Bir tanrıtanımazın, bir dinsizin vicdanı olabilir mi? Gizli kötülük ve suçlardan, başka insanların bilmediği ve dolayısıyla üzerlerine hiçbir hüküm ve nüfuzları geçmeyen cinayetlerden çekinmek için, bir tanrıtanımazın sebep ve gerekçeleri nelerdir? Bu tanrıtanımaz sürekli bir tecrübeyle emin olabilir ki, (yaradılıştan geçen etki ve tepki yasasının doğal sonucu olarak) kendiliğinden cezasını bulmayan hiçbir kötülük yoktur. Kendisini korumak istiyor mu? Bu durumda, sağlığına zarar verebilecek bütün suiistimallerden çekinir. Kendisini kendisine ve başkalarına yük edebilecek çökmüş bir hayat sürmek istemez.
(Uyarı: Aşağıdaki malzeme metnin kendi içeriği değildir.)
-- ===== src/Upload/Photo.antt =====
-- `Server.uploadPhoto` and `Server.isMember` in internal/upload/api/grpc.go. The services that the
-- server calls are a parameter: the gallery service's client, the object storage, the repository,
-- the publisher, the client's stream, the clock and the UUID library.
pub mod Admission
pub mod Trace
pub mod Identifiers
pub mod UnknownGallery
pub mod UnknownGalleryTests
use progetto_sdcc.Prelude.{
  ℕ, String, ◌<>◌, Bool, true, false, not, Option, none, some, List, [], Error, status, statusf,
  invalid_argument, internal, unavailable, Result, ok, err, is_circuit_open, is_empty,
  if◌then◌else◌, length,
}
use progetto_sdcc.Prelude.Action.{Action, and_then, ◌>>=◌, ◌>>◌, pure, fail, lift, require, or_fail}
use progetto_sdcc.Auth.{Claims, from_context}
use progetto_sdcc.CircuitBreaker.{CircuitBreaker, call}
use progetto_sdcc.Upload.Record.{
  Record, UploadEvent, UploadPhotoResponse, GalleryStatus, status_unspecified, status_open,
  status_closed, IsMemberResponse,
}
use progetto_sdcc.Upload.Stream.{UploadMetadata, Incoming, receive_photo}

pub record Services : Type 1 where
  -- What the other services, the clock and the client's stream are like at a moment.
  pub World : Type 0
  -- `GalleryService.IsMember` and `GalleryService.ListMembers`, by the texts of the identifiers.
  pub ask_member : String → String → World → Result IsMemberResponse × World
  pub list_members : String → World → Result (List String) × World
  -- `storage.Uploader.Upload`: object key, content type, data; the object's URL.
  pub put_object : String → String → List ℕ → World → Result String × World
  -- `upload.Repository.Save`
  pub save : Record → World → Result (Unit {0}) × World
  -- `events.Notifier.PublishPhoto`, which returns nothing.
  pub publish_photo : UploadEvent → World → World
  -- `stream.SendAndClose`
  pub send_and_close : UploadPhotoResponse → World → Result (Unit {0}) × World
  -- `time.Now` and `uuid.New`
  pub now : World → ℕ
  pub new_uuid : World → ℕ × World
  -- `uuid.Parse`: a value, and whether the error is nil; `UUID.String`.
  pub parse_uuid : String → ℕ × Bool
  pub uuid_string : ℕ → String

-- The fields `minioPublicURL` and `minioBucket` of the server.
pub record Settings : Type 0 where
  pub minio_public_url : String
  pub minio_bucket : String

abbrev is_closed : GalleryStatus → Bool
is_closed status_closed = true
is_closed _ = false

-- `resp.GetIsMember()` and `resp.GetGalleryStatus()`, of a nil response too.
abbrev answered : Option IsMemberResponse → Bool × GalleryStatus
answered none = (false, status_unspecified)
answered (some r) = (r.is_member, r.gallery_status)

abbrev member_error : Error → Error
member_error e =
    if is_circuit_open e
    then status unavailable "gallery service unavailable (circuit breaker open)"
    else statusf internal "checking membership" e

unfoldable pub content_type_of : UploadMetadata → String
content_type_of m = if is_empty m.content_type then "application/octet-stream" else m.content_type

abbrev members_or_none : Result (List String) → List String
members_or_none (ok ids) = ids
members_or_none (err e) = []

module _ (services : Services) (settings : Settings) where
  open services use {World}

  -- What a request changes: the breaker of the gallery service, and the world.
  pub record Server : Type 0 where
    pub gallery_breaker : CircuitBreaker
    pub world : World

  abbrev Asked : Type 0
  Asked = World × Option IsMemberResponse

  abbrev asked : Result IsMemberResponse × World → Option Error × Asked
  asked (ok r, w) = (none, (w, some r))
  asked (err e, w) = (some e, (w, none))

  -- The function that the breaker protects; it leaves its response in the variable `resp`.
  unfoldable pub ask : String → String → Asked → Option Error × Asked
  ask gallery user s = asked (services.ask_member gallery user s.0)

  abbrev membership :
      record { error : Option Error; breaker : CircuitBreaker; state : Asked }
      → Result (Bool × GalleryStatus) × Server
  membership r = elim r.error [
    | none ↦ (ok (answered r.state.1), record { gallery_breaker = r.breaker; world = r.state.0 })
    | some e ↦ (err (member_error e), record { gallery_breaker = r.breaker; world = r.state.0 })
  ]

  -- `isMember`. The breaker reads the clock before and after the request.
  unfoldable pub is_member : ℕ → ℕ → Action Server (Bool × GalleryStatus)
  is_member gallery user s =
      let fn = ask (services.uuid_string gallery) (services.uuid_string user) in
      membership (
        call s.gallery_breaker (services.now s.world) (services.now (fn (s.world, none)).1.0) fn
          (s.world, none))

  -- An operation of the world, as an action of the server.
  abbrev on_world : {A : Type 0} → A × World → Server → A × Server
  on_world (a, w) s = (a, record s { world = w })

  abbrev clock : Action Server ℕ
  clock s = (ok (services.now s.world), s)

  abbrev fresh_uuid : Action Server ℕ
  fresh_uuid s =
      (ok (services.new_uuid s.world).0, record s { world = (services.new_uuid s.world).1 })

  abbrev store_object : String → String → List ℕ → Action Server String
  store_object key content_type bytes s =
      on_world (services.put_object key content_type bytes s.world) s

  -- The error of `Save` is logged and dropped.
  abbrev save_record : Record → Action Server (Unit {0})
  save_record rec s = (ok tt, record s { world = (services.save rec s.world).1 })

  -- `resolveMembers`: no members where the gallery service fails.
  unfoldable pub resolve_members : ℕ → Action Server (List String)
  resolve_members gallery s =
      let r = services.list_members (services.uuid_string gallery) s.world in
      (ok (members_or_none r.0), record s { world = r.1 })

  abbrev publish : UploadEvent → Action Server (Unit {0})
  publish event s = (ok tt, record s { world = services.publish_photo event s.world })

  abbrev answer : UploadPhotoResponse → Action Server (Unit {0})
  answer response s = on_world (services.send_and_close response s.world) s

  unfoldable pub object_key : ℕ → ℕ → String → String
  object_key gallery photo filename =
      if is_empty filename
      then "galleries/" <> services.uuid_string gallery <> "/" <> services.uuid_string photo
      else "galleries/"
        <> services.uuid_string gallery
        <> "/"
        <> services.uuid_string photo
        <> "_"
        <> filename

  unfoldable pub public_url : String → String → String
  public_url stored key =
      if is_empty settings.minio_public_url
      then stored
      else settings.minio_public_url <> "/" <> settings.minio_bucket <> "/" <> key

  -- An upload that may be stored.
  pub record Accepted : Type 0 where
    pub meta : UploadMetadata
    pub bytes : List ℕ
    pub gallery : ℕ
    pub uploader : ℕ

  -- The first half of `uploadPhoto`. The error of `uuid.Parse` is thrown away, and the test after
  -- it reads the error of `uploaderFromMeta`, which is nil there: no identifier is refused.
  unfoldable pub admit_upload : Option Claims → Incoming → Action Server Accepted
  admit_upload claims stream = do
    caller ← lift (from_context claims)
    (meta, bytes) ← lift (receive_photo stream)
    let gallery = (services.parse_uuid meta.gallery_id).0
    (membership, gallery_status) ← is_member gallery caller.user_id
    require membership (status invalid_argument "user is not a member of the gallery")
    require (not (is_closed gallery_status)) (status invalid_argument "gallery is closed")
    pure (record { meta = meta; bytes = bytes; gallery = gallery; uploader = caller.user_id })

  abbrev record_of : Accepted → ℕ → String → ℕ → Record
  record_of a photo key now = record {
    photo_id = photo;
    gallery_id = a.gallery;
    uploader_id = a.uploader;
    filename = a.meta.filename;
    content_type = content_type_of a.meta;
    storage_key = key;
    size_bytes = length a.bytes;
    error_message = "";
    uploaded_at = now;
    updated_at = now;
  }

  abbrev event_of : Accepted → ℕ → String → String → List String → ℕ → UploadEvent
  event_of a photo key url members now = record {
    photo_id = photo;
    gallery_id = a.gallery;
    uploader_id = a.uploader;
    gallery_name = "";
    storage_key = key;
    photo_url = url;
    content_type = content_type_of a.meta;
    size_bytes = length a.bytes;
    member_ids = members;
    uploaded_at = now;
  }

  abbrev response_of : Accepted → ℕ → String → String → UploadPhotoResponse
  response_of a photo key url = record {
    photo_id = services.uuid_string photo;
    gallery_id = services.uuid_string a.gallery;
    storage_key = key;
    size_bytes = length a.bytes;
    url = url;
  }

  -- The second half of `uploadPhoto`.
  unfoldable pub store_upload : Accepted → Action Server (Unit {0})
  store_upload a = do
    photo ← fresh_uuid
    let key = object_key a.gallery photo a.meta.filename
    stored ←
        or_fail (statusf internal "store photo") (store_object key (content_type_of a.meta) a.bytes)
    let url = public_url stored key
    now ← clock
    save_record (record_of a photo key now)
    members ← resolve_members a.gallery
    later ← clock
    publish (event_of a photo key url members later)
    answer (response_of a photo key url)

  unfoldable pub upload_photo : Option Claims → Incoming → Action Server (Unit {0})
  upload_photo claims stream = do a ← admit_upload claims stream; store_upload a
Gizli cinayetlere gelince; kendi gözlerinde utanca, sıkıntıya uğramak, kızarmak korkusuyla, elinden asla kurtulamadığı bu korkunun etkisiyle, gizli cinayetler işlemekten çekinir; akıl ve insafa sahipse, namuslu bir adama karşı beslemesi gereken saygının değerini bilir. Ayrıca, beklenmeyen ve akla hayale gelmeyen durumların sonucu olarak, sırrını öğrenmekte çıkarları olduğunu hissettiği kimselerin, gerçeğini öğrenebileceğini bilir. İyilik yapmak için bu dünyada hiçbir neden bulmayan kimseye, ahret, hiçbir neden vermez.

1 Merhum Recaizade üstat Ekrem Bey,

"Vicdandır isaeti filinde ademin
Davacısı, şübudu, kavanini, hâkimi."

demişti.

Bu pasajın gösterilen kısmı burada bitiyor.